Au Majestic - qui emploie environ 260 CDI, jusqu'à 162 saisonniers l'été (70 en moyenne) et 100 à 300 extras selon les mois et l'activité -, Thierry Secchi, directeur des ressources humaines, évoque cette évolution problématique. "À l'origine, la difficulté concernait principalement cuisiniers ou pâtissiers. Désormais, elle s'étend à tous les métiers. Cette année, nous avons ainsi eu du mal à trouver des femmes de chambre qualifiées, gouvernantes, réceptionnistes de nuit... En outre, les modifications d'attribution de l'allocation chômage pour les saisonniers produisent des effets pervers qui détournent des candidats potentiels."
Manque d'implication et de qualification
Même écho de la part de Valérie Nyul, DRH du Negresco à Nice, qui évoque manque d'implication et de qualification ou encore inadéquation des profils :"Cela demande un investissement croissant en matière de formation avec, ensuite, le risque de démission pour 'aller se vendre à la concurrence' ! Le personnel est de plus en plus volatile, sans doute en raison d'une mauvaise image de nos métiers du point de vue des salaires, de la durée et des conditions de travail, etc.". Au sein du groupe Oetker, propriétaire de l'Hôtel du Cap Eden Roc à Cap d'Antibes et du Château Saint-Martin & Spa à Vence, la vision est sensiblement différente en raison même des sites des palaces. Pour l'Hôtel du Cap (279 à 300 employés en été, CDI et saisonniers), le taux de fidélisation est de 80 % d'employés (saisonniers à 79 %) revenant chaque année et de 47 % au Château Saint-Martin (125 CDI et saisonniers), plus éloigné du littoral. "À Vence, la difficulté réside dans le transport. Alors qu'au Cap, c'est trouver compétences et profils bien établis d'établissement 5 étoiles qui pose problème.

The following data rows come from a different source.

-- ===== src/Agent/Titles.antt =====
-- cmd/reach-agent/process_title.go: the titles that the agent's process shows in turn. Durations are
-- integers of nanoseconds; the title itself is set outside.
pub mod Rotation
use reach.Base.Int.{ℤ, pos, same_ℤ, is_positive}
use reach.Base.Utf8.{trim_space}
use reach.Base.{
  ℕ, ◌+◌, ◌*◌, ◌^◌, ◌%◌, Bool, true, false, not, ◌&&◌, ◌||◌, List, [], ◌∷◌, Option, none, some, ltb,
  ◌==◌, if◌then◌else◌, length, get_or, map, Text, codes, same,
}
use reach.Provisioner.Titles.{no_nul}
use reach.Model.Agent.{ProcessTitleConfig}

pub record ProcessTitleSettings : Type 0 where
  pub titles : List Text
  pub interval : ℤ

-- The controller, with the title that it has set last.
pub record ProcessTitleController : Type 0 where
  pub titles : List Text
  pub interval : ℤ
  pub index : ℕ
  pub shown : Text

abbrev pub default_title : Text
default_title = codes "Reach-Agent"

unfoldable pub clean_process_title : Text → Text
unfolding trim_space
clean_process_title title = trim_space (no_nul title)

unfoldable pub clean_process_titles : List Text → List Text
unfolding clean_process_title same
clean_process_titles [] = []
clean_process_titles (t ∷ ts) =
    if same (clean_process_title t) []
    then clean_process_titles ts
    else clean_process_title t ∷ clean_process_titles ts

abbrev pub or_default : List Text → List Text
or_default [] = default_title ∷ []
or_default (t ∷ ts) = t ∷ ts

abbrev pub five_seconds : ℤ
five_seconds = pos (5 * 10 ^ 9)

unfoldable pub normalize_settings : List Text → ℤ → ProcessTitleSettings
unfolding clean_process_titles is_positive
normalize_settings titles interval = record {
  titles = or_default (clean_process_titles titles);
  interval = if is_positive interval then interval else five_seconds;
}

-- The agent's configuration, as far as the titles go.
pub record TitleConfig : Type 0 where
  pub process_title : Text
  pub process_titles : List Text
  pub rotate : ℤ

abbrev titles_or_one : List Text → Text → List Text
titles_or_one [] title = if same title [] then [] else title ∷ []
titles_or_one (t ∷ ts) title = t ∷ ts

unfoldable pub settings_from_agent_config : TitleConfig → ProcessTitleSettings
unfolding normalize_settings same
settings_from_agent_config cfg =
    normalize_settings (titles_or_one cfg.process_titles cfg.process_title) cfg.rotate

abbrev or_interval : Option ℤ → ℤ → ℤ
or_interval none d = d
or_interval (some n) d = n

-- `parse` is `time.ParseDuration`.
unfoldable pub settings_from_desired :
    (Text → Option ℤ) → Option ProcessTitleConfig → TitleConfig → ProcessTitleSettings
unfolding settings_from_agent_config normalize_settings trim_space same
settings_from_desired parse none fallback = settings_from_agent_config fallback
settings_from_desired parse (some cfg) fallback =
    normalize_settings (titles_or_one cfg.process_titles cfg.process_title) (
      if same (trim_space cfg.rotate_interval) []
      then fallback.rotate
      else or_interval (parse (trim_space cfg.rotate_interval)) fallback.rotate)

abbrev same_titles : List Text → List Text → Bool
same_titles [] [] = true
same_titles (s ∷ ss) (t ∷ ts) = same s t && same_titles ss ts
same_titles _ _ = false

unfoldable pub same_title_settings : List Text → ℤ → ProcessTitleSettings → Bool
unfolding same same_ℤ
same_title_settings titles interval next =
    same_ℤ interval next.interval && same_titles titles next.titles

-- `Update`, on settings that it normalizes; the first title is there.
unfoldable pub update_titles :
    ProcessTitleSettings → ProcessTitleController → ProcessTitleController
unfolding normalize_settings same_title_settings
update_titles settings c =
    let next = normalize_settings settings.titles settings.interval in
    if same_title_settings c.titles c.interval next then c else record {
      titles = next.titles;
      interval = next.interval;
      index = 0;
      shown = get_or next.titles 0 [];
    }

-- `advance`
unfoldable pub advance : ProcessTitleController → ProcessTitleController
advance c =
    let index = (c.index + 1) % length c.titles in
    if ltb (length c.titles) 2
    then c
    else record c { index = index; shown = get_or c.titles index [] }
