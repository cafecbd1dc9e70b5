-- ===== src/Agent/Titles/Rotation.antt =====
-- cmd/reach-agent/process_title.go: the controller shows one of its titles.
use reach.Agent.Titles.{
  ProcessTitleSettings, ProcessTitleController, normalize_settings, same_title_settings,
  update_titles, advance, clean_process_titles, or_default,
}
use native.Mathlib.Nat.{mod-lt, zero-lt-suc}
use reach.Base.{
  ℕ, zero, suc, ◌+◌, ◌%◌, ◌≡◌, refl, inl, inr, true, List, [], ◌∷◌, arith, ltb, length, get_or,
  Text, Bool-cases,
}

-- The title that is shown is the one at the index, which is within the titles.
pub record IsShowing (c : ProcessTitleController) : Type 0 where
  pub within_titles : ltb c.index (length c.titles) ≡ true
  pub shows : c.shown ≡ get_or c.titles c.index []

-- What happens to a controller: the settings change, or the interval is over.
pub data Step : Type 0 where
  updates : ProcessTitleSettings → Step
  advances : Step

unfoldable pub take_step : Step → ProcessTitleController → ProcessTitleController
unfolding update_titles advance
take_step (updates s) c = update_titles s c
take_step advances c = advance c

unfoldable pub take_steps : List Step → ProcessTitleController → ProcessTitleController
unfolding take_step
take_steps [] c = c
take_steps (s ∷ ss) c = take_steps ss (take_step s c)

some_titles : (ts : List Text) → ltb 0 (length (or_default ts)) ≡ true
some_titles [] = refl
some_titles (t ∷ ts) = ground arith

update_titles-IsShowing :
    (s : ProcessTitleSettings) (c : ProcessTitleController)
    → IsShowing c
    → IsShowing (update_titles s c)
unfolding update_titles normalize_settings
update_titles-IsShowing s c h =
    elim (Bool-cases
      (same_title_settings c.titles c.interval (normalize_settings s.titles s.interval))) [
        | inl e ↦ rw (e, update_titles) h
        | inr e ↦
            rw (e, update_titles)
              (record { within_titles = some_titles (clean_process_titles s.titles); shows = refl })
      ]

below_length : (a n : ℕ) → ltb 0 n ≡ true → ltb (a % n) n ≡ true
below_length a zero h = absurd (ground arith)
below_length a (suc n) h = let below = mod-lt a (zero-lt-suc n) in ground (arith, below)

advance-IsShowing : (c : ProcessTitleController) → IsShowing c → IsShowing (advance c)
unfolding advance
advance-IsShowing c h = elim (Bool-cases (ltb (length c.titles) 2)) [
  | inl e ↦ rw (e, advance) h
  | inr e ↦
      rw (e, advance)
        (record {
          within_titles = below_length (c.index + 1) (length c.titles) (ground (arith, e));
          shows = refl;
        })
]

-- Whatever changes of the settings and rotations come one after another, the title that the agent's
-- process shows is the one of its list at the controller's index, which is always within the list.
-- This is where it is so at the start.
pub take_steps-IsShowing :
    (ss : List Step) (c : ProcessTitleController) → IsShowing c → IsShowing (take_steps ss c)
unfolding take_steps take_step
take_steps-IsShowing [] c h = h
take_steps-IsShowing (updates s ∷ ss) c h =
    take_steps-IsShowing ss (update_titles s c) (update_titles-IsShowing s c h)
take_steps-IsShowing (advances ∷ ss) c h =
    take_steps-IsShowing ss (advance c) (advance-IsShowing c h)
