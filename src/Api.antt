-- ===== src/Api.antt =====
-- api.go: the handlers that keep the requests of clients, and the check of a client's metadata.
pub mod Json
pub mod Requests
pub mod Provision
pub mod History
pub mod Register
pub mod SshConfig
pub mod Updates
pub mod Agents
pub mod Admin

Nous l'avons vérifié cette année pour un poste de lingère. Beaucoup trouvent enfin les conditions de travail trop dures", regrette Philippe Perd, directeur général des deux établissements.
À Cannes, au Palais Stéphanie (140 personnes à l'année, 60 saisonniers), la DRH Sophie Petrolesi, parle aussi recrutement aléatoire (chefs de rang, cuisiniers...), inadéquation, nouvelles attentes des jeunes générations qui veulent des horaires réguliers, "encore incompatibles avec nos métiers". Enfin, problème récurrent sur la Côte d'Azur, le logement : tous les établissements ne peuvent pas, notamment comme le Martinez, proposer une trentaine de logements à leur personnel.

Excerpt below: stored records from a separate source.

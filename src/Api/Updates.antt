-- ===== src/Api/Updates.antt =====
-- updates.go, `SetUpdatePolicy` of provisioner.go, and the administrator's handlers for updates. The
-- file of the manifest, as JSON is read from it, and JSON's quotation of a string are arguments.
use reach.Base.Result.{Result, ok, err}
use reach.Base.Strings.{trim_right_by}
use reach.Base.Utf8.{trim_space, lower_trimmed}
use reach.Base.{
  ℕ, ◌-◌, ◌*◌, Bool, true, false, not, ◌&&◌, ◌||◌, [], ◌++◌, Option, none, some, ◌==◌, ltb,
  if◌then◌else◌, any, update, Text, codes, same,
}
use reach.Model.Agent.{AgentCommandInfo, AgentUpdateHint, AgentHeartbeat}
use reach.Model.Words.{
  UpdatePolicy, CommandType, is_auto, never_updates, is_leaving, is_open, is_update,
}
use reach.Model.{Machine, Time}
use reach.Provisioner.Commands.{queue_command}
use reach.Store.{Db, get_machine, has_id, audit, publish}

unfoldable pub normalize_update_policy : Text → Option UpdatePolicy
unfolding same lower_trimmed
normalize_update_policy policy =
    let word = lower_trimmed policy in
    if same word [] || same word (codes "manual")
    then some UpdatePolicy.manual
    else if same word (codes "auto")
    then some UpdatePolicy.auto
    else if same word (codes "disabled")
    then some UpdatePolicy.disabled
    else none

pub record AgentUpdateConfig : Type 0 where
  pub enabled : Bool
  pub latest_version : Text
  pub manifest_path : Text
  pub api_url : Text

pub record AgentUpdateRelease : Type 0 where
  pub version : Text
  pub api_url : Text

-- What the decoder sets of a release from a manifest.
pub record Manifest : Type 0 where
  pub version : Option Text
  pub api_url : Option Text

abbrev or_keep : Option Text → Text → Text
or_keep none old = old
or_keep (some s) old = s

abbrev with_manifest : Option Manifest → AgentUpdateRelease → AgentUpdateRelease
with_manifest none rel = rel
with_manifest (some m) rel = record {
  version = trim_space (or_keep m.version rel.version);
  api_url = trim_space (or_keep m.api_url rel.api_url);
}

-- What the functions below take of the configuration and from outside.
pub record Updates : Type 0 where
  pub config : AgentUpdateConfig
  pub hub_api_url : Text
  pub read_manifest : Text → Option Manifest
  pub quote : Text → Text

abbrev pub release_of : Updates → AgentUpdateRelease → Option AgentUpdateRelease
release_of u rel =
    if same rel.version []
    then none
    else some (record rel {
      api_url = if same rel.api_url [] then trim_space u.hub_api_url else rel.api_url;
    })

unfoldable pub latest_agent_update : Updates → Option AgentUpdateRelease
unfolding same trim_space
latest_agent_update u =
    let rel : AgentUpdateRelease = record {
      version = trim_space u.config.latest_version;
      api_url = trim_space u.config.api_url;
    } in
    if not u.config.enabled
    then none
    else release_of u (
        if same rel.version [] && not (same u.config.manifest_path [])
        then with_manifest (u.read_manifest u.config.manifest_path) rel
        else rel)

unfoldable pub agent_update_hint_for : Updates → Text → Option AgentUpdateHint
unfolding latest_agent_update trim_right_by trim_space same
agent_update_hint_for u version = elim (latest_agent_update u) [
  | none ↦ none
  | some rel ↦
      let current = trim_space version in
      some (record {
        available = not (same current []) && not (same current rel.version);
        current = current;
        latest = rel.version;
        url =
            trim_right_by (λ c. c == b'/') rel.api_url
            ++ (codes "/downloads/reach-agent/v" ++ rel.version);
        sha256 = [];
        required = false;
      })
]

-- The JSON of `updateAgentPayload`, whose keys come in their order.
abbrev pub update_agent_payload : (Text → Text) → AgentUpdateRelease → Text
update_agent_payload quote rel =
    if same rel.api_url []
    then codes "{\"version\":" ++ (quote rel.version ++ codes "}")
    else codes "{\"api_url\":"
      ++ (quote rel.api_url ++ (codes ",\"version\":" ++ (quote rel.version ++ codes "}")))

-- `expires_at IS NULL OR expires_at>?`
abbrev pub is_unexpired : Time → Option Time → Bool
is_unexpired now none = true
is_unexpired now (some t) = ltb now t

abbrev pub is_update_for : Text → AgentCommandInfo → Bool
is_update_for id c = same c.machine_id id && is_update c.kind

abbrev pub is_open_update : Time → Text → AgentCommandInfo → Bool
is_open_update now id c = is_update_for id c && (is_open c.status && is_unexpired now c.expires_at)

unfoldable pub has_open_update_command : Time → Text → Db → Bool
unfolding same is_update is_open
has_open_update_command now id db = any (is_open_update now id) db.commands

unfoldable pub has_recent_update_command : Time → Text → Db → Bool
unfolding same is_update
has_recent_update_command since id db =
    any (λ c. is_update_for id c && ltb since c.created_at) db.commands

pub data UpdateError : Type 0 where
  updates_disabled none_configured already_queued failed : UpdateError

abbrev pub update_ttl : ℕ
update_ttl = 24 * 3600

-- The last steps of `queueAgentUpdate`, behind its tests.
abbrev pub record_update :
    Text
    → Text
    → Time
    → Machine
    → AgentUpdateRelease
    → Option Db
    → Db
    → Db × Result UpdateError (Unit {0})
record_update actor reason now m rel none db = (db, err failed)
record_update actor reason now m rel (some db') db = (
  publish (codes "agent.update_queued") m.id (
      audit (codes "machine.agent_update.queue") (if same actor [] then codes "system" else actor)
        m.id (codes "version=" ++ (rel.version ++ (codes " reason=" ++ reason))) now db'),
  ok tt,
)

abbrev pub queue_release :
    Updates
    → Text
    → Text
    → Time
    → Option Text
    → Machine
    → Option AgentUpdateRelease
    → Db
    → Db × Result UpdateError (Unit {0})
queue_release u actor reason now new_id m none db = (db, err none_configured)
queue_release u actor reason now new_id m (some rel) db =
    if has_open_update_command now m.id db
    then (db, err already_queued)
    else record_update actor reason now m rel
        (queue_command new_id now m.id m.desired_generation CommandType.update_agent
          (some (update_agent_payload u.quote rel)) update_ttl db)
        db

unfoldable pub queue_agent_update :
    Updates → Text → Text → Time → Option Text → Machine → Db → Db × Result UpdateError (Unit {0})
unfolding latest_agent_update has_open_update_command queue_command never_updates same
queue_agent_update u actor reason now new_id m db =
    if never_updates m.update_policy
    then (db, err updates_disabled)
    else queue_release u actor reason now new_id m (latest_agent_update u) db

abbrev pub six_hours : ℕ
six_hours = 6 * 3600

abbrev is_version : Option AgentUpdateRelease → Text → Bool
is_version none v = true
is_version (some rel) v = same (trim_space v) rel.version

-- The tests that end `maybeQueueAutoAgentUpdate` at once.
abbrev pub skips_auto_update : Updates → Time → Machine → AgentHeartbeat → Db → Bool
skips_auto_update u now m hb db =
    not (is_auto m.update_policy)
    || is_leaving m.desired_state
    || not hb.capabilities.can_self_update
    || is_version (latest_agent_update u) hb.agent_version
    || has_recent_update_command (now - six_hours) m.id db

-- An error of the queueing is logged.
unfoldable pub maybe_queue_auto_agent_update :
    Updates → Time → Option Text → Machine → AgentHeartbeat → Db → Db
unfolding queue_agent_update latest_agent_update has_recent_update_command is_auto is_leaving
    trim_space same
maybe_queue_auto_agent_update u now new_id m hb db =
    if skips_auto_update u now m hb db
    then db
    else (queue_agent_update u (codes "system") (codes "auto_policy") now new_id m db).0

-- `handleAdminMachineUpdateAgent`
pub data AdminUpdateError : Type 0 where
  machine_not_found : AdminUpdateError
  refused : UpdateError → AdminUpdateError

abbrev pub admin_result :
    Db × Result UpdateError (Unit {0}) → Db × Result AdminUpdateError (Unit {0})
admin_result (db, ok _) = (db, ok tt)
admin_result (db, err e) = (db, err (refused e))

unfoldable pub admin_update_agent :
    Updates → Text → Time → Option Text → Text → Db → Db × Result AdminUpdateError (Unit {0})
unfolding queue_agent_update same
admin_update_agent u actor now new_id key db = elim (get_machine db key) [
  | none ↦ (db, err machine_not_found)
  | some m ↦ admin_result (queue_agent_update u actor (codes "manual") now new_id m db)
]

abbrev policy_word : UpdatePolicy → Text
policy_word UpdatePolicy.manual = codes "manual"
policy_word UpdatePolicy.auto = codes "auto"
policy_word UpdatePolicy.disabled = codes "disabled"

abbrev policy_row : UpdatePolicy → Time → Machine → Machine
policy_row p now m = record m { update_policy = p; updated_at = some now }

pub data PolicyError : Type 0 where
  invalid_policy no_machine : PolicyError

abbrev the_machine : Option Machine → Result PolicyError Machine
the_machine none = err no_machine
the_machine (some m) = ok m

abbrev store_policy : Text → Time → Machine → UpdatePolicy → Db → Db × Result PolicyError Machine
store_policy actor now m p db =
    let db1 = record db { machines = update (has_id m.id) (policy_row p now) db.machines } in
    let db2 =
      audit (codes "machine.update_policy.update") actor m.id (codes "policy=" ++ policy_word p) now
        db1 in
    (db2, the_machine (get_machine db2 m.id))

unfoldable pub set_update_policy : Text → Text → Text → Time → Db → Db × Result PolicyError Machine
unfolding normalize_update_policy same
set_update_policy key policy actor now db = elim (normalize_update_policy policy) [
  | none ↦ (db, err invalid_policy)
  | some p ↦ elim (get_machine db key) [
    | none ↦ (db, err no_machine)
    | some m ↦ store_policy actor now m p db
  ]
]

abbrev tell_policy : Db × Result PolicyError Machine → Db × Result PolicyError Machine
tell_policy (db, err e) = (db, err e)
tell_policy (db, ok m) = (publish (codes "machine.update_policy_changed") m.id db, ok m)

-- `handleAdminMachineUpdatePolicy`, which normalizes the word before `SetUpdatePolicy` does.
unfoldable pub admin_update_policy :
    Text → Text → Text → Time → Db → Db × Result PolicyError Machine
unfolding set_update_policy normalize_update_policy
admin_update_policy key policy actor now db = elim (normalize_update_policy policy) [
  | none ↦ (db, err invalid_policy)
  | some p ↦ tell_policy (set_update_policy key (policy_word p) actor now db)
]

Prime au recrutement local
Pourtant, tout n'est pas si noir au pays de la Grande Bleue. La cherté du coût de la vie y est bien réelle et pèse lourd sur le marché de l'emploi mais elle favorise aussi le recrutement local. Les palaces cannois, qui pratiquent les 35 heures, embauchent ainsi plus volontiers sur un bassin où le personnel peut être déjà logé et recrutent marginalement dans le reste de la France. "D'où l'importance de l'école hôtelière de Cannes, sur laquelle nous fondons beaucoup d'espoirs, ou encore celle de Nice", ajoute Sophie Petrolesi. "Au Martinez, indique Stéphane Carrière, le DRH de l'établissement, nous avons des partenariats avec les écoles hôtelières comme avec des organismes de formation professionnelle pour adultes (Afpa, Greta, Prom'Hôte...), tout en privilégiant des profils avec expérience à l'étranger." Saisonniers ou personnel régulier, un équilibre se situe entre 70 à 80 % de recrutement en région (jusqu'à 90 et 84 % pour les hôtels du Groupe Oetker) et 20 à 30 % France et étranger (13 % au Martinez avec 27 nationalités différentes). Au Negresco, on est "100 % Niçois" pour le personnel français, avec 11 % d'employés hors Union européenne, notamment pour des emplois non qualifiés. "Cette stratégie de recrutement donne satisfaction mais, compte tenu de notre longue fermeture pour travaux en 2010 [six mois, NDLR] et de la rénovation importante de l'hôtel, nous nous laissons un an pour avoir une bonne visibilité en matière d'emploi et corriger éventuellement notre politique", indique Valérie Nyul.
Transmettre les savoirs
Enfin, les directions hôtelières, qui recrutent via petites annonces, les différents sites internet ou, pour certains cadres, auprès de cabinets spécialisés, soulignent la nécessité de transmettre savoirs et compétences. "Ces savoirs se perdent. Heureusement, nos personnels en place sont très formateurs et les candidatures ne manquent pas", constate Philippe Perd. "Les métiers de l'hôtellerie et les filières pro ne sont pas assez valorisées et le manque de qualification augmentant nous oblige à pallier par des programmes de formation interne", précise Thierry Secchi. Rien d'étonnant à ce que la Côte d'Azur des palaces, au rythme saisonnier mais attachée à la qualité du service et à un niveau élevé des compétences, nourrisse plus d'inquiétudes que d'espoir.